`openqlab.analysis` – Data Analysis Tools and Helpers¶

Note

This documentation is unfortunately very much incomplete. The modules documented below are fairly recent, but there is a lot of interesting old code, especially for use with covariance matrix calculations. Please have a look at the source code or old scripts for usage examples – and it would be nice if you could provide documentation afterwards.

Gaussian Beam¶

Fit beam data obtained from a beam analyzer to the gaussian beam model using non-linear least squares.

class openqlab.analysis.gaussian_beam.GaussianBeam(q: complex, wavelength: float)¶

Represents a Gaussian beam with a complex gaussian beam parameter q.

property divergence: float | ndarray¶: Beam divergence in radians.

classmethod from_waist(w0: float, z0: float, wavelength: float) → GaussianBeam¶

Create Gaussian beam from waist size and position.

Parameters:

w0 (float) – Waist size in meters
z0 (float) – Waist position in meters
wavelength (float) – Wavelength in meters

get_profile(zpoints: Index | ndarray | float) → ndarray | Index | float¶: Returns the beam width at points zpoints along the beam axis.

propagate(d)¶: Returns the beam parameter after free-space propagation of d

property w0: float | ndarray¶: Waist size in meters.

property wavelength: float | ndarray¶: Wavelength in m.

property z0: float | ndarray¶: The position of the beam waist on the z-axis in meters.
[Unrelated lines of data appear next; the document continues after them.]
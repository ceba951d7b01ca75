-- ===== src/Workers/Block.antt =====
-- The steps of Workers over the matrix that `create` of the distributed node fills for a block.
use icsa_artifact.Base.{ℕ, ◌≤◌, ◌<◌, ◌≡◌, Bool, Option, List, [], arith, length, ◌↔◌}
use icsa_artifact.Text.{Text}
use icsa_artifact.Dag.{DagModule, entry, create}
use icsa_artifact.Dag.Conflict.{Conflict}
use icsa_artifact.Dag.Create.{AllListed, txn_at, create_matrix}
use icsa_artifact.Workers.Inv.{IsDag}
use icsa_artifact.Workers.Safety.{no_conflict_runs}
use icsa_artifact.Workers.{running, System, Reach}

-- The matrix of the block.
abbrev pub edges :
    (Text → Option (List Text × List Text)) → List ℕ → List Text → ℕ → DagModule → ℕ → ℕ → ℕ
edges parse order headers threads dag a b =
    entry (create parse order headers threads dag).adjacency_matrix a b

module _ (parse : Text → Option (List Text × List Text)) (order : List ℕ) (headers : List Text)
    (threads : ℕ) (dag : DagModule) (no_txns : dag.current_transactions ≡ [])
    (no_matrix : dag.adjacency_matrix ≡ []) (some_thread : 0 < threads)
    (all : AllListed threads order) where
  facts :
      (a b : ℕ)
      → (edges parse order headers threads dag a b ≤ 1)
        × ((edges parse order headers threads dag a b ≡ 1) ↔ (
            (a < b)
            × (b < length headers)
            × Conflict (txn_at parse headers a) (txn_at parse headers b)))
  facts = create_matrix parse order headers threads dag no_txns no_matrix some_thread all

  pub block-IsDag :
      (assigned : ℕ → Bool)
      → ((p i : ℕ) → edges parse order headers threads dag p i ≡ 1 → assigned p ≡ assigned i)
      → IsDag (edges parse order headers threads dag) assigned
  block-IsDag assigned closed = record {
    binary = λ p i. (facts p i).0;
    upper = λ p i e. ((facts p i).1.0 e).0;
    closed = closed;
  }

  Conflict-edge :
      (p i : ℕ)
      → p < i
      → i < length headers
      → Conflict (txn_at parse headers p) (txn_at parse headers i)
      → edges parse order headers threads dag p i ≡ 1
  Conflict-edge p i lt inside c = (facts p i).1.1 (lt, inside, c)

-- In a state that the steps reach over a matrix that `create` filled, for a share of the block that
-- is closed under the edges of the matrix, no two transactions in the phase `running` conflict.
pub block_runs_apart :
    (parse : Text → Option (List Text × List Text)) (order : List ℕ) (headers : List Text)
    (threads : ℕ) (dag : DagModule)
    → dag.current_transactions ≡ []
    → dag.adjacency_matrix ≡ []
    → 0 < threads
    → AllListed threads order
    → (assigned : ℕ → Bool)
    → ((p i : ℕ) → edges parse order headers threads dag p i ≡ 1 → assigned p ≡ assigned i)
    → {s : System} → Reach (length headers) (edges parse order headers threads dag) assigned s
    → (p i : ℕ) → p < i
    → i < length headers
    → s.phase p ≡ running
    → s.phase i ≡ running
    → ¬ Conflict (txn_at parse headers p) (txn_at parse headers i)
block_runs_apart parse order headers threads dag no_txns no_matrix some_thread all assigned closed r
      p i lt inside run_p run_i conflict =
    (no_conflict_runs (length headers) _ assigned
        (block-IsDag parse order headers threads dag no_txns no_matrix some_thread all assigned
          closed)
        r p i (omega arith) inside run_p run_i).0
      (Conflict-edge parse order headers threads dag no_txns no_matrix some_thread all p i lt inside
        conflict)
openqlab.analysis.gaussian_beam.fit_beam_data(data: DataFrame, wavelength: float, bounds: Tuple[List[float], List[float]] = ([0, -inf], [inf, inf]), guess_w0: float = 0.0003, guess_z0: float = 0.0, plot: bool = True, print_results: bool = True) → DataContainer¶

Parameters:

data – Data to fit containing the position data in meters as index and the 1/e^2 (13%) radius in meters as columns for different beams.
wavelength – Wavelength of the light in m
bounds – Lower and upper bounds for the fit parameters in meters in the form ([w0_lower,z0_lower],[w0_upper,z0_upper]).
guess_w0 – Initial estimate of the beam waist in meters.
guess_z0 – Initial estimate of the waist position in meters.
plot – Create plot after fitting.
print_results – Print results in a human readable form.

Returns:

Fit results with errors

Return type:

Dataframe

Cavity¶

Cavity calculations

Automatically calculate cavity parameters with data taken from an oscilloscope.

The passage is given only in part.